The third error was Garnaut’s failure to take contemporaneous notes of his conversations with several people that he relied on as sources for his article. These included Sheri Yan’s husband, some anonymous Australian “officials” who allegedly believed Chau risked extradition, and Chau’s daughter Winky (195, 210, 220, 261). For a “responsible journalist”, taking notes of conversations with sources should be standard practice. Garnaut’s failure to do so here led Justice Wigney to seriously doubt his credibility (120), and to question whether some of these conversations actually took place at all (213-221), or were fictitious additions by Garnaut to add a sheen of authority to his unsupported speculations: “I am not persuaded that Mr Garnaut was being entirely truthful about those matters (219) … The likelihood is that Mr Garnaut’s evidence concerning that source was manufactured” (120).

The fourth error was to state that Chau’s company Kingold had “scrubbed” all references to a 2013 conference attended by UN President Arthur Ashe from its website, as if to hide the connection between Kingold/Chau and the UN bribery case involving Ashe. If true, Wigney notes, this would have implied a guilty conscience on the part of Kingold and Chau (231).

However, the claim was false: two of Garnaut’s colleagues had emailed him with working links on Kingold’s website containing the agenda and speakers at the conference, including Ashe’s attendance – information which Garnaut totally ignored (238-241). My own five-minute search of Kingold’s website found a report on the conference still there today.

This is another basic failure of responsible journalistic practice.

The final error was that Garnaut failed to accurately report Dr Chau’s statements giving his side of the story. Chau’s explanation was effectively reduced in the article to a “meaningless” single phrase: “I don’t know the details, you understand?” (290).
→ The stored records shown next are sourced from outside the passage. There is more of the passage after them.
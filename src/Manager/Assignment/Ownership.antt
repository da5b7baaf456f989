-- ===== src/Manager/Assignment/Ownership.antt =====
-- Who owns a partition after `calculate_new_mapping`.
use rust_accelerator_no_sql.Map
use native.Mathlib.Nat.{mod-lt, mod_self, zero-mod}
use rust_accelerator_no_sql.Prelude.{
  unwrap_or, ◌-◌, ◌%◌, sym, ◌∙◌, ◌==◌, Bool-cases, ap, zero, ◌^◌, ◌+◌, suc, length, ◌≤◌, ◌<◌,
  contains, get_elem?, inr, inl, arith, refl, ◌∷◌, [], List, some, none, false, true, ◌≡◌, ℕ,
}
use rust_accelerator_no_sql.Manager.Assignment.{
  place_partitions, owners, record_new_replicas, calc_replica_index, calculate_new_mapping,
}
use rust_accelerator_no_sql.Common.{Partition, NodeId}
use rust_accelerator_no_sql.Manager.{State}
use rust_accelerator_no_sql.Manager.Assignment.Mapping.{
  holder_found, place_partitions_lem, IsPlaced, walk, holder,
}
use rust_accelerator_no_sql.Manager.Assignment.Index.{
  calc_replica_index_lem, calc_replica_index_injective,
}
use rust_accelerator_no_sql.Map.{Map, get-empty}
use rust_accelerator_no_sql.Map.Set.{contains_key-add}

abbrev pub with_mapping : State → Map Partition → State
with_mapping state mapping = record state {
  partitions = record (state.partitions) {
    mapping = mapping;
    new_replicas =
        record_new_replicas state.partitions.mapping.entries mapping state.partitions.new_replicas;
  };
}

pub calculate_new_mapping-done :
    (state : State) (amount factor : ℕ) (ids : List NodeId) (mapping : Map Partition)
    → place_partitions amount ids factor 0 Map.empty ≡ some mapping
    → calculate_new_mapping state amount factor ids ≡ some (with_mapping state mapping)
unfolding calculate_new_mapping
calculate_new_mapping-done state amount factor ids mapping e = rw (e, calculate_new_mapping)

-- What the calculation leaves, by the walk round the workers.
pub calculate_new_mapping_lem :
    (state : State) (amount factor : ℕ) (ids : List NodeId)
    → 0 < length ids
    → amount ≤ 2 ^ 16
    → (mapping : Map Partition) × (calculate_new_mapping state amount (suc factor) ids
        ≡ some (with_mapping state mapping))
      × ((p : ℕ) → p < amount → IsPlaced ids factor mapping p)
      × ((p : ℕ) → amount ≤ p → Map.get mapping p ≡ none)
calculate_new_mapping_lem state amount factor ids h b =
    let (mapping, done, placed, others) =
      place_partitions_lem amount ids factor 0 Map.empty h (omega arith) in
    (
      mapping,
      calculate_new_mapping-done state amount (suc factor) ids mapping done,
      λ p below. placed p (omega arith) (omega arith),
      λ p above. others p (inr (omega arith)) ∙ get-empty p,
    )

-- No worker stands twice in the list.
abbrev pub Distinct : List NodeId → Type 0
Distinct [] = Unit
Distinct (x ∷ xs) = (contains xs x ≡ false) × Distinct xs

contains-get_elem? : (xs : List ℕ) (i : ℕ) {x : ℕ} → get_elem? xs i ≡ some x → contains xs x ≡ true
contains-get_elem? [] i h = ground arith
contains-get_elem? (y ∷ ys) zero h = ground arith
contains-get_elem? (y ∷ ys) (suc i) {x} h = ground (arith, contains-get_elem? ys i {x = x} h)

-- Every place of the walk holds a worker of the list.
pub holder_is_current :
    (ids : List NodeId) (m r : ℕ) → m < length ids → contains ids (holder ids m r) ≡ true
holder_is_current ids m r h =
    contains-get_elem? ids (calc_replica_index (length ids) m r) (holder_found ids m r h)

Distinct-injective :
    (xs : List ℕ) (i j : ℕ) {x : ℕ}
    → Distinct xs
    → get_elem? xs i ≡ some x
    → get_elem? xs j ≡ some x
    → i ≡ j
Distinct-injective [] i j d p q = ground arith
Distinct-injective (y ∷ ys) zero zero d p q = refl
Distinct-injective (y ∷ ys) zero (suc j) {x} d p q =
    absurd (ground (arith, contains-get_elem? ys j {x = x} q))
Distinct-injective (y ∷ ys) (suc i) zero {x} d p q =
    absurd (ground (arith, contains-get_elem? ys i {x = x} p))
Distinct-injective (y ∷ ys) (suc i) (suc j) {x} d p q =
    ap suc (Distinct-injective ys i j {x = x} d.1 p q)

-- With no more replicas than workers, no worker holds two places of a partition.
pub holder_injective :
    (ids : List NodeId) (m r s : ℕ)
    → Distinct ids
    → m < length ids
    → r < length ids
    → s < length ids
    → holder ids m r ≡ holder ids m s
    → r ≡ s
holder_injective ids m r s d h p q e = calc_replica_index_injective (length ids) m r s h p q (
    Distinct-injective ids _ _ {x = holder ids m r} d (holder_found ids m r h)
      (holder_found ids m s h ∙ ap some (sym e)))

walk_without :
    (ids : List NodeId) (m r count : ℕ)
    → Distinct ids
    → m < length ids
    → 0 < r
    → r + count ≤ length ids
    → contains (walk ids m r count) (holder ids m 0) ≡ false
walk_without ids m r zero d h p b = refl
walk_without ids m r (suc count) d h p b =
    let ih = walk_without ids m (suc r) count d h (omega arith) (omega arith) in
    elim (Bool-cases (holder ids m r == holder ids m 0)) [
      | inl same ↦
          absurd (
            omega
              (arith, holder_injective ids m r 0 d h (omega arith) (omega arith) (ground arith)))
      | inr differ ↦ ground (arith, differ, ih)
    ]

walk_with :
    (ids : List NodeId) (m r count s : ℕ)
    → r ≤ s
    → s < r + count
    → contains (walk ids m r count) (holder ids m s) ≡ true
walk_with ids m r zero s lo hi = absurd (omega arith)
walk_with ids m r (suc count) s lo hi = elim (Bool-cases (r == s)) [
  | inl same ↦ let e : r ≡ s = ground arith in rw e (ground arith)
  | inr differ ↦ ground (arith, walk_with ids m (suc r) count s (ground arith) (omega arith))
]

walk_members :
    (ids : List NodeId) (m r count id : ℕ)
    → m < length ids
    → contains (walk ids m r count) id ≡ true
    → contains ids id ≡ true
walk_members ids m r zero id h k = absurd (ground arith)
walk_members ids m r (suc count) id h k =
    ground (arith, holder_is_current ids m r h, walk_members ids m (suc r) count id h)

-- What `IsPlaced` says of the partition that a lookup finds.
placed_part :
    (ids : List NodeId) (factor p : ℕ) (mapping : Map Partition) (part : Partition)
    → IsPlaced ids factor mapping p
    → Map.get mapping p ≡ some part
    → (part.master ≡ holder ids (p % length ids) 0)
      × ((id : ℕ)
          → Map.contains_key part.replicas id ≡ contains (walk ids (p % length ids) 1 factor) id)
placed_part ids factor p mapping part (part', found, master, holds) e =
    let same : part' ≡ part = cc in
    (
      ap (λ (x : Partition). x.master) (sym same) ∙ master,
      λ id. ap (λ (x : Partition). Map.contains_key x.replicas id) (sym same) ∙ holds id,
    )

full_circle :
    (ids : List NodeId) (m : ℕ) → m < length ids → holder ids m (length ids) ≡ holder ids m 0
full_circle ids m h =
    let e : calc_replica_index (length ids) m (length ids) ≡ calc_replica_index (length ids) m 0 =
      calc_replica_index_lem (length ids) m (length ids) h
      ∙ (ap (λ (x : ℕ). (m + length ids - x) % length ids)
            (mod_self (length ids) ∙ sym (zero-mod (length ids)))
          ∙ sym (calc_replica_index_lem (length ids) m 0 h)) in
    ap (λ (i : ℕ). unwrap_or (get_elem? ids i) 0) e

-- Every owner of a placed partition, master or replica, is a worker of the list.
pub owners_are_current :
    (ids : List NodeId) (factor p : ℕ) (mapping : Map Partition) (part : Partition) (id : ℕ)
    → 0 < length ids
    → IsPlaced ids factor mapping p
    → Map.get mapping p ≡ some part
    → Map.contains_key (owners part) id ≡ true
    → contains ids id ≡ true
unfolding owners
owners_are_current ids factor p mapping part id h placed e k =
    let (master, holds) = placed_part ids factor p mapping part placed e in
    ground (
      arith,
      master,
      holds id,
      contains_key-add part.replicas part.master id,
      holder_is_current ids (p % length ids) 0 (mod-lt p h),
      walk_members ids (p % length ids) 1 factor id (mod-lt p h),
    )

-- With no more replicas than workers the master is not among its own replicas.
pub master_is_no_replica :
    (ids : List NodeId) (factor p : ℕ) (mapping : Map Partition) (part : Partition)
    → Distinct ids
    → suc factor ≤ length ids
    → IsPlaced ids factor mapping p
    → Map.get mapping p ≡ some part
    → Map.contains_key part.replicas part.master ≡ false
master_is_no_replica ids factor p mapping part d h placed e =
    let (master, holds) = placed_part ids factor p mapping part placed e in
    holds part.master
    ∙ (ap (contains (walk ids (p % length ids) 1 factor)) master
        ∙ walk_without ids (p % length ids) 1 factor d (mod-lt p (omega arith)) (omega arith)
            (omega arith))

-- With more replicas than workers the walk comes back to the master, which then stands among its
-- own replicas.
pub master_is_own_replica :
    (ids : List NodeId) (factor p : ℕ) (mapping : Map Partition) (part : Partition)
    → 0 < length ids
    → length ids < suc factor
    → IsPlaced ids factor mapping p
    → Map.get mapping p ≡ some part
    → Map.contains_key part.replicas part.master ≡ true
master_is_own_replica ids factor p mapping part h more placed e =
    let (master, holds) = placed_part ids factor p mapping part placed e in
    holds part.master
    ∙ (ap (contains (walk ids (p % length ids) 1 factor))
          (master ∙ sym (full_circle ids (p % length ids) (mod-lt p h)))
        ∙ walk_with ids (p % length ids) 1 factor (length ids) (omega arith) (omega arith))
But what Chau actually told Philip Wen, Fairfax’s China correspondent, was that “he was not personally involved in the organisation of the conference, and therefore did not know the details concerning the invitation to Mr Ashe and any payment that may have been made to him” (290, 275). Justice Wigney concluded: “Indeed, the article … did not point out that the conference was organised by a group of apparently reputable non-government organisations, that Kingold was only a co-organiser, and that a number of other notable persons spoke at the conference and were paid speaker’s fees. One of the other speakers was the former President of the United States of America, Mr Bill Clinton” (290).

Unfortunately for Garnaut and Fairfax, the numerous careless factual errors in the article and their failure to properly cite Chau’s rebuttal meant they had acted unreasonably, and their defence of qualified privilege failed (324-5).

It may be true, as Fairfax stated after the judgement, that generally Garnaut “is a careful, meticulous … journalist.” As a China specialist, I benefited from reading his well-balanced reports when he was a China correspondent. But this particular article displayed no evidence of these positive qualities.

What is especially disturbing and ironic is that numerous equally misleading media reports, published or broadcast since 2015, have attacked the so-called harmful influence of Chinese-Australian business people, Chinese students in Australia, and Australian universities conducting China-related research, directly leading national security advocates to propose a bill that, in its initial form, would have criminalized journalists reporting the opinions of foreign organizations from any country, and would have “fundamentally restrict[ed] the rights of all Australians … to legitimately participate in the democratic process.”

Garnaut’s article certainly should not be held out as evidence of over-reaching defamation laws threatening “responsible journalism” about supposed “national security” issues. Quite the opposite, Wigney’s judgment should be “carefully analysed” as a textbook case demonstrating why defamation laws, though imperfect, are an essential check on journalistic misbehaviour and a bulwark of our democratic rule of law system.

Colin Hawes is an associate professor in the Faculty of Law, University of Technology Sydney, specializing in Chinese and corporate law.